The noble Baroness made the point that better support for young carers will save money for the taxpayer. We agree that better supporting young carers will improve both their well-being and that of the person they care for and that it is also likely to benefit the public purse. That is why we are working with the Department for Education to ensure that a whole-family approach is taken.
Amendment 92ZZCZA follows the same principle, but seeks to add to the duty to meet eligible needs. As I have set out, we see the appropriate way of dealing with the issue of avoiding inappropriate young caring roles to be through the eligibility criteria. We would not wish to create a new stand-alone duty in this regard, which may have a distorting effect on the duty in Clause 18, but rather to ensure that such matters are reflected in the determination of eligible needs. However, as I indicated in debate last week, we need to ensure that the developmental and educational needs of young people are appropriately considered in the context of children’s legislation and services. We will work with stakeholders, including the National Young Carers Coalition, to ensure that, for their part, adult care and support services make appropriate provision in supporting an adult’s needs for care and support to prevent inappropriate or excessive caring by a child. However, we also need to keep in view what should be provided through children’s services and that is what the Minister for Children and Families has committed to do.

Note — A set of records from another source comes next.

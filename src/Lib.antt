-- ===== src/Lib.antt =====
-- keypool-service hands out API keys of channels and takes reports of the calls made with them. It reads
-- the tables of new-api (channels, abilities, options) and keeps cursors, usage counters, locks, leases
-- and idempotency keys in Redis.
--
-- The parts and their files:
--   Base, Platform, Errors: what the program uses of Go (ints, maps, sorting, text, strconv), the
--     functions from outside as one record of parameters, and errors as chains of sentinels.
--   Store: internal/store. Types has the rows, GetKeys, Epoch and EnabledKeyIndexes; CodeRange and
--     Settings parse the options as types.go and poller.go do; Upsert is UpsertOption; Poller reads the
--     options table and refreshes the snapshot; Loop is the polling goroutine with Start and Stop as
--     steps; Open is Open, and GetChannelsByIDs; Distinct and Walk are about maps and the order in which
--     they are walked; Meta is Channel.Meta; Apply is ApplyKeyStatus as a function from the two tables to
--     the new ones, `none` for a rollback. Keys, Effects and Abilities prove what they do.
--   Classifier: internal/classifier, and Decision, when it disables.
--   Selector: internal/selector. Batch and Tiers are batch.go; Candidates, Request and Select are
--     selector.go, where Select passes the state of Redis and the counters along, and each early return
--     is a value.
--     Partition, Bands, Ahead, Order, Pick, Liveness and Served prove what they do.
--   Redis: internal/redisx. Client has the keys with their expiry and the client's operations, each of
--     which may fail before or after the server ran it (`Link`); Script is
--     select_key.lua; Names has the names of the keys. Picks, Usage and Locks are about the client and the
--     script; Keys puts the client under the selector.
--   Disabled: the store's write followed by a selection.
--   State: internal/state. Manager is Report and Manual is SetKeyStatus, over any store and Redis
--     (`World`): a call may answer with any value or error and leave any state. Deferred calls run where
--     the function returns. Backed is the world of the modelled store and client, where
--     each call may fail; IdemKeys follows the idempotency key through it.
--   Reported: a report followed by a selection.
--   Api: internal/api. Router has the dependencies of the router as one record over any state, the
--     requests and the responses; Requests has the checks of the handlers and the mapping of errors; Keys
--     and Configs are the handlers of handlers.go, Metrics the text of /metrics, Serve the routes and
--     authMW; Rotation is rotation.go. Wired is NewRouter over the modelled selector, manager, store and
--     poller, at a moment that says which parts answer. Agreement and Accepted relate the checks to the
--     selector; Documented, Access, Listed, Passed, Effects, Known, Failures, Service, Switching,
--     Rows, Snapshots and Saved are about what a request answers and leaves behind.
--   Config: internal/config/config.go, and Loaded, what Load gives.
--   Startup: cmd/keypool/main.go. Boot is main up to ListenAndServe, over what Redis, the drivers
--     and the options table answer; itoa is main's own.
--   Tests: the theorems at concrete inputs.
--
-- Numbers: Go's int stands as an unbounded integer, except where 64 bits matter (the seed of the shuffle,
-- the sum of the weights, the end of a band, the interval of the poller), where the wrap-around is
-- written out. A float64 is its bit pattern, and its arithmetic a parameter. Times are natural numbers.
--
-- Fuel: the cutting of batches takes the number of indexes as fuel, and each round takes an index at
-- least; Itoa takes the number itself, and each round divides it by ten; itoa of main.go takes the twenty
-- bytes of its buffer, which hold every int. The other loops are by structure.
--
-- Failures: a call on Redis that fails has run on the server or not; a selection script that stops in the
-- middle leaves its decay. A read of the database may fail at each call. A transaction that fails is rolled
-- back, which is the database's promise.
--
-- Interleavings: a Redis command or script and a database transaction is one step. Report is modelled
-- against a world that may change in any way at each call. Requests that are served by Serve run one after
-- the other; the poller's steps come between them.
--
-- Not modelled: the connections and the SQL (gorm and its drivers, go-redis), HTTP, its server and ServeMux's
-- choice of a handler, JSON (a parameter), the recovery from a panic, request ids, logging and the text of
-- messages, the timestamp of an event, the signals and the shutdown of the main program.
pub mod Base
pub mod Platform
pub mod Errors
pub mod Store
pub mod Classifier
pub mod Selector
pub mod Redis
pub mod Disabled
pub mod State
pub mod Reported
pub mod Api
pub mod Config
pub mod Startup
mod Tests
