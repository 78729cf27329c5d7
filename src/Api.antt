-- ===== src/Api.antt =====
-- internal/api: what the handlers compute.
pub mod Rotation
pub mod Agreement
pub mod Requests
pub mod Accepted
pub mod Router
pub mod Keys
pub mod Configs
pub mod Metrics
pub mod Serve
pub mod Wired
pub mod Documented
pub mod Access
pub mod Listed
pub mod Passed
pub mod Effects
pub mod Service
pub mod Switching
pub mod Known
pub mod Failures
pub mod Rows
pub mod Snapshots
pub mod Saved
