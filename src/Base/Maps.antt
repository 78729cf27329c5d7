-- ===== src/Base/Maps.antt =====
-- Go maps with int keys as association lists: `m[k]`, `m[k] = v`, `delete(m, k)`.
use mathlib.Core.Path.{◌≡◌, refl}
use mathlib.Core.List.{List, [], ◌∷◌}
use mathlib.Core.Option.{Option, none, some}
use native.Mathlib.Omega.{arith}
use keypool_service.Base.Tests.{if◌then◌else◌}
use keypool_service.Base.Int.{ℤ, eq_ℤ, eq_ℤ_iff}

abbrev pub IntMap {ℓ} : Type ℓ → Type ℓ
IntMap V = List (ℤ × V)

module _ {ℓ} {V : Type ℓ} where
  unfoldable pub lookup : ℤ → IntMap V → Option V
  lookup k [] = none
  lookup k ((j, v) ∷ m) = if eq_ℤ j k then some v else lookup k m

  unfoldable pub insert : ℤ → V → IntMap V → IntMap V
  insert k v [] = (k, v) ∷ []
  insert k v ((j, w) ∷ m) = if eq_ℤ j k then (k, v) ∷ m else (j, w) ∷ insert k v m

  unfoldable pub erase : ℤ → IntMap V → IntMap V
  erase k [] = []
  erase k ((j, w) ∷ m) = if eq_ℤ j k then erase k m else (j, w) ∷ erase k m

  pub lookup-insert :
      (k j : ℤ) (v : V) (m : IntMap V)
      → lookup j (insert k v m) ≡ (if eq_ℤ k j then some v else lookup j m)
  unfolding lookup insert
  lookup-insert k j v [] = refl
  lookup-insert k j v ((i, w) ∷ m) =
      ground (arith, eq_ℤ_iff k j, eq_ℤ_iff i k, eq_ℤ_iff i j, lookup-insert k j v m)

  pub lookup-erase :
      (k j : ℤ) (m : IntMap V) → lookup j (erase k m) ≡ (if eq_ℤ k j then none else lookup j m)
  unfolding lookup erase
  lookup-erase k j [] = ground arith
  lookup-erase k j ((i, w) ∷ m) =
      ground (arith, eq_ℤ_iff k j, eq_ℤ_iff i k, eq_ℤ_iff i j, lookup-erase k j m)

-- `m[k]` where a missing key reads as the zero value.
abbrev pub lookup_or {ℓ} : {V : Type ℓ} → ℤ → IntMap V → V → V
lookup_or k m d = elim (lookup k m) [ some v ↦ v | none ↦ d ]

The noble Baroness, Lady Wheeler, raised an important point about the impact of the funding reforms. We recognise that people will want to have their care costs counting towards the cap as soon as possible. If this Bill is enacted, people cannot begin accruing costs towards the cap until 1 April 2016. That does not mean that preparation cannot be made locally before that time. We believe that it is appropriate for local authorities to begin assessing people ahead of 1 April 2016. To ensure that local authorities can take advantage of this opportunity, we have provided £335 million to fund the implementation of our reforms. This should enable local authorities to begin assessing people’s needs for care and support around six months before April 2016, if they choose to do so.
I hope that I have reassured the Committee that we are putting in place the support to allow local authorities to manage the implementation of our reforms. We have had a very good debate on assessment and eligibility. I hope that I have reassured all noble Lords who have spoken that the Bill already addresses the concerns that have been raised and that the noble Baroness, Lady Meacher, will feel able to withdraw the amendment. I am sorry—it was the noble Lord, Lord Low.
Yes, I was going to say that I think it probably falls to me to consider whether I withdraw the amendment. Before I do so I just want to thank the noble Earl for his full and careful response, and also all those who have spoken in a debate that has ranged quite widely. I have found the noble Earl’s response to the points that I raised very helpful and will consider whether I continue to feel that the Bill needs strengthening in the area of assessment and eligibility in the light of his comments. I listened carefully to what he had to say and feel it will be very helpful in considering how to deal with these issues during later stages of the Bill.